Another thing, she has a lot of male friends, although i think its reasonable for her to have male friends, as i have my female friends too, i dont like that she has too much of them, and they are always texting or calling her. She spends a lot of her time with me, but she seems distant, answering to texts or just reading it, i may have become a little paranoid i know, not sure what i can do.
She never gave me reason not to trust her, but i agree im kinda jealous when she goes out to talk on the phone or when i need her phone to call someone and she doesnt borrow coz i will "snoop" her stuff...
I dont know what to say to her, how to talk to her. And i dont know if i should just let it be and try not worrying about that...


----------



## KanDo (Jun 15, 2011)

BS!!! If she is having conversations which she can't have in front of you, there is something wrong.


----------



## southbound (Oct 31, 2010)

Akira said:


> Well, ive been unemployed for some time now, and im getting back to work, my wife and i spend a lot of time together, she ays she wants her privacy and time for her, that i had plenty of that time while i was at home. The thing is, she talks on the phone to her friends, but she doesnt do that near me at all, she always close the door or go outside to do that, i dont like that, she says im always trying to overhear her conversation, thats why she does that.
> Another thing, she has a lot of male friends, although i think its reasonable for her to have male friends, as i have my female friends too, i dont like that she has too much of them, and they are always texting or calling her. She spends a lot of her time with me, but she seems distant, answering to texts or just reading it, i may have become a little paranoid i know, not sure what i can do.
> She never gave me reason not to trust her, but i agree im kinda jealous when she goes out to talk on the phone or when i need her phone to call someone and she doesnt borrow coz i will "snoop" her stuff...
> I dont know what to say to her, how to talk to her.

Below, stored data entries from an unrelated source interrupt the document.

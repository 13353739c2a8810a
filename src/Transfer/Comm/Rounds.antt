-- ===== src/Transfer/Comm/Rounds.antt =====
-- A proof rule for the loop of `Rotation`.
use awex.Prelude.{
  ℕ, zero, suc, ◌+◌, ◌≤◌, ◌<◌, ◌≡◌, refl, ap, ◌∙◌, ◌⊎◌, inl, inr, true, false, not, some, List, [],
  ◌∷◌, length, get_elem?, filter, leb, ◌==◌, arith, Bool-cases, Option-cases, ==→eq, eq→==,
}
use awex.Prelude.Outcome.{Outcome, ok}
use awex.Prelude.Sort.{sort}
use awex.Transfer.Plan.Defs.{CommunicationOperation}
use awex.Transfer.Plan.Local.{OpDict, ops_at, peer_keys}
use awex.Transfer.Comm.Rotation.{
  CommError, has_rank, put_progress, Rotation, longest, finish_turn, take_turn, turn_at, round,
  rotate,
}
use awex.Transfer.Comm.Turns.{
  has_rank-filter, has_rank-sort, get_elem-none, get_elem-some, put_progress-le,
  put_progress-bounded, ops_at-longest, ops_at-missing,
}

-- A proof rule for the loop. `P` relates the progress of the ranks to what has been built: it holds
-- at the start, and each turn on the next operation of a rank succeeds and keeps it.
module _ {S : Type 0} (operations : OpDict)
    (emit : ℕ → CommunicationOperation → S → Outcome CommError S) (P : (ℕ → ℕ) → S → Type 0)
    (kept : (progress : ℕ → ℕ) (built : S) (rank : ℕ) (op : CommunicationOperation)
      → get_elem? (ops_at rank operations) (progress rank) ≡ some op
      → P progress built
      → (next : S) × (emit rank op built ≡ ok next)
        × P (put_progress rank (progress rank + 1) progress) next) where
  abbrev ops_count : ℕ → ℕ
  ops_count rank = length (ops_at rank operations)

  record Good (state : Rotation S) : Type 0 where
    holds : P state.progress state.built
    bounded : (r : ℕ) → state.progress r ≤ ops_count r
    ended : (r : ℕ) → has_rank r state.finished_ranks ≡ true → ops_count r ≤ state.progress r

  -- What a part of a round does: no rank falls back, and those that had a turn go on or finish.
  record Moved (ranks : List ℕ) (before after : Rotation S) : Type 0 where
    grows : (r : ℕ) → before.progress r ≤ after.progress r
    stays :
        (r : ℕ) → has_rank r before.finished_ranks ≡ true → has_rank r after.finished_ranks ≡ true
    moved :
        (r : ℕ)
        → has_rank r ranks ≡ true
        → (before.progress r < after.progress r) ⊎ (has_rank r after.finished_ranks ≡ true)

  abbrev Went : List ℕ → Rotation S → Outcome CommError (Rotation S) → Type 0
  Went ranks before outcome =
      (after : Rotation S) × (outcome ≡ ok after) × Good after × Moved ranks before after

  finish_turn-Good :
      (rank : ℕ) (state : Rotation S)
      → Good state
      → ops_count rank ≤ state.progress rank
      → Good (finish_turn rank state)
  finish_turn-Good rank state good over = record {
    holds = good.holds;
    bounded = good.bounded;
    ended = λ r h. elim (Bool-cases (rank == r)) [
      | inl same ↦
          let e = ==→eq rank r same in
          let e' : ops_count rank ≡ ops_count r = ap ops_count e in
          let e'' : state.progress rank ≡ state.progress r = ap state.progress e in omega arith
      | inr other ↦ good.ended r (rw other at h)
    ];
  }

  take_turn-Good :
      (rank : ℕ) (state : Rotation S) (next : S)
      → Good state
      → state.progress rank < ops_count rank
      → P (put_progress rank (state.progress rank + 1) state.progress) next
      → Good (take_turn rank state next)
  take_turn-Good rank state next good more holds = record {
    holds = holds;
    bounded = λ r. put_progress-bounded rank r state.progress ops_count more (good.bounded r);
    ended = λ r h. omega (arith, good.ended r h, put_progress-le rank r state.progress);
  }

  finish_turn-Moved :
      (rank : ℕ) (state : Rotation S) → Moved (rank ∷ []) state (finish_turn rank state)
  finish_turn-Moved rank state = record {
    grows = λ r. omega arith;
    stays = λ r h. elim (Bool-cases (rank == r)) [
      | inl same ↦ rw same refl
      | inr other ↦ rw (other, h) refl
    ];
    moved = λ r h. elim (Bool-cases (rank == r)) [
      | inl same ↦ inr (rw same refl)
      | inr other ↦ absurd (ground (arith, rw other at h))
    ];
  }

  take_turn-Moved :
      (rank : ℕ) (state : Rotation S) (next : S)
      → Moved (rank ∷ []) state (take_turn rank state next)
  take_turn-Moved rank state next = record {
    grows = λ r. put_progress-le rank r state.progress;
    stays = λ r h. h;
    moved = λ r h. elim (Bool-cases (rank == r)) [
      | inl same ↦
          let e : state.progress rank ≡ state.progress r = ap state.progress (==→eq rank r same) in
          inl (rw same (omega arith))
      | inr other ↦ absurd (ground (arith, rw other at h))
    ];
  }

  turn_at-Went :
      (rank : ℕ) (state : Rotation S)
      → Good state
      → Went (rank ∷ []) state (
          turn_at operations emit rank state
            (get_elem? (ops_at rank operations) (state.progress rank)))
  turn_at-Went rank state good =
      let found = get_elem? (ops_at rank operations) (state.progress rank) in
      elim (Option-cases found) [
        | inl at_end ↦
            let over = get_elem-none (ops_at rank operations) (state.progress rank) at_end in
            (
              finish_turn rank state,
              rw at_end refl,
              finish_turn-Good rank state good over,
              finish_turn-Moved rank state,
            )
        | inr (op, e) ↦
            let (next, step, holds) = kept state.progress state.built rank op e good.holds in
            let more = get_elem-some (ops_at rank operations) (state.progress rank) e in
            (
              take_turn rank state next,
              rw (e, step) refl,
              take_turn-Good rank state next good more holds,
              take_turn-Moved rank state next,
            )
      ]

  Moved-cons :
      (rank : ℕ) (ranks : List ℕ) (a b c : Rotation S)
      → Moved (rank ∷ []) a b
      → Moved ranks b c
      → Moved (rank ∷ ranks) a c
  Moved-cons rank ranks a b c first rest = record {
    grows = λ r. omega (arith, first.grows r, rest.grows r);
    stays = λ r h. rest.stays r (first.stays r h);
    moved = λ r h. elim (Bool-cases (rank == r)) [
      | inl same ↦ elim (first.moved r (rw same refl)) [
        | inl up ↦ inl (omega (arith, rest.grows r))
        | inr done ↦ inr (rest.stays r done)
      ]
      | inr other ↦ elim (rest.moved r (rw other at h)) [
        | inl up ↦ inl (omega (arith, first.grows r))
        | inr done ↦ inr done
      ]
    ];
  }

  round-Went :
      (ranks : List ℕ) (state : Rotation S)
      → Good state
      → Went ranks state (round operations emit ranks state)
  round-Went [] state good =
      (state, refl, good, record { grows = λ r. omega arith; stays = λ r h. h; moved = λ r h. cc })
  round-Went (rank ∷ ranks) state good =
      let (mid, e, good', first) = turn_at-Went rank state good in
      let (after, e', good'', rest) = round-Went ranks mid good' in
      (after, rw (e, e') refl, good'', Moved-cons rank ranks state mid after first rest)

  -- Before a round: those that are not in the list are at the end, and the others have fewer
  -- operations left than there are rounds.
  record Pending (fuel : ℕ) (unfinished : List ℕ) (progress : ℕ → ℕ) : Type 0 where
    done : (r : ℕ) → has_rank r unfinished ≡ false → ops_count r ≤ progress r
    enough : (r : ℕ) → has_rank r unfinished ≡ true → ops_count r < fuel + progress r

  Pending-next :
      (fuel : ℕ) (unfinished : List ℕ) (before after : Rotation S)
      → Pending (suc fuel) unfinished before.progress
      → Good after
      → Moved (sort leb unfinished) before after
      → Pending fuel (filter (λ r. not (has_rank r after.finished_ranks)) unfinished) after.progress
  Pending-next fuel unfinished before after pending good went =
      let kept_in =
        λ (r : ℕ). has_rank-filter (λ r. not (has_rank r after.finished_ranks)) r unfinished in
      record {
        done = λ r h. elim (Bool-cases (has_rank r unfinished)) [
          | inl there ↦ elim (Bool-cases (has_rank r after.finished_ranks)) [
            | inl fin ↦ good.ended r fin
            | inr not_fin ↦ absurd (ground (arith, rw (kept_in r, there, not_fin) at h))
          ]
          | inr gone ↦ omega (arith, pending.done r gone, went.grows r)
        ];
        enough = λ r h. elim (Bool-cases (has_rank r unfinished)) [
          | inl there ↦ elim (went.moved r (has_rank-sort r unfinished ∙ there)) [
            | inl up ↦ omega (arith, pending.enough r there)
            | inr fin ↦ absurd (ground (arith, rw (kept_in r, there, fin) at h))
          ]
          | inr gone ↦ absurd (ground (arith, rw (kept_in r, gone) at h))
        ];
      }

  rotate-ends :
      (fuel : ℕ) (unfinished : List ℕ) (progress : ℕ → ℕ) (built : S)
      → P progress built
      → ((r : ℕ) → progress r ≤ ops_count r)
      → Pending fuel unfinished progress
      → (last : S) × (rotate operations emit fuel unfinished progress built ≡ ok last)
        × ((end : ℕ → ℕ) × P end last × ((r : ℕ) → end r ≡ ops_count r))
  unfolding rotate
  rotate-ends fuel [] progress built holds bounded pending =
      (built, refl, (progress, holds, λ r. omega (arith, bounded r, pending.done r refl)))
  rotate-ends zero (rank ∷ ranks) progress built holds bounded pending =
      let there : has_rank rank (rank ∷ ranks) ≡ true = rw (eq→== rank rank refl) refl in
      absurd (omega (arith, bounded rank, pending.enough rank there))
  rotate-ends (suc fuel) (rank ∷ ranks) progress built holds bounded pending =
      let before : Rotation S = record {
        progress = progress;
        finished_ranks = [];
        built = built;
      } in
      let start : Good before = record { holds = holds; bounded = bounded; ended = λ r h. cc } in
      let (after, e, good, went) = round-Went (sort leb (rank ∷ ranks)) before start in
      let (last, e', rest) =
        rotate-ends fuel _ after.progress after.built good.holds good.bounded
          (Pending-next fuel (rank ∷ ranks) before after pending good went) in
      (last, rw (e, e') refl, rest)

  Pending-start : Pending (suc (longest operations)) (peer_keys operations) (λ _. 0)
  Pending-start = record {
    done = λ r h. ops_at-missing operations r h;
    enough = λ r h. omega (arith, ops_at-longest operations r);
  }

  -- From the start the loop ends with the progress of every rank at the number of its operations.
  pub rotate_complete :
      (built : S)
      → P (λ _. 0) built
      → (last : S) × (rotate operations emit
            (suc (longest operations))
            (peer_keys operations)
            (λ _. 0)
            built
          ≡ ok last)
        × ((end : ℕ → ℕ) × P end last × ((r : ℕ) → end r ≡ ops_count r))
  rotate_complete built holds =
      rotate-ends (suc (longest operations)) (peer_keys operations) (λ _. 0) built holds
        (λ r. omega arith) Pending-start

And i dont know if i should just let it be and try not worrying about that...


I don't know the "feel" of your situation, but I always used the phone in privacy as well. Whenever I get a phone call, I always go to a private area away from people to talk regardless of who I'm around; that's just me, and everybody in my family is that way. I can concentrate on the conversation more. Actually, I think it's weird when people sit around other people and blab on the phone, but that's just me.

It's funny, because I have read those "signs of cheating" before, and when I was married, I actually displayed some of them, but it was just due to me being an introvert. I've been know to click things off the computer when people walk in the room simply because I don't like people standing over my shoulder while I'm on, even though I'm probably just looking at a classic music site. 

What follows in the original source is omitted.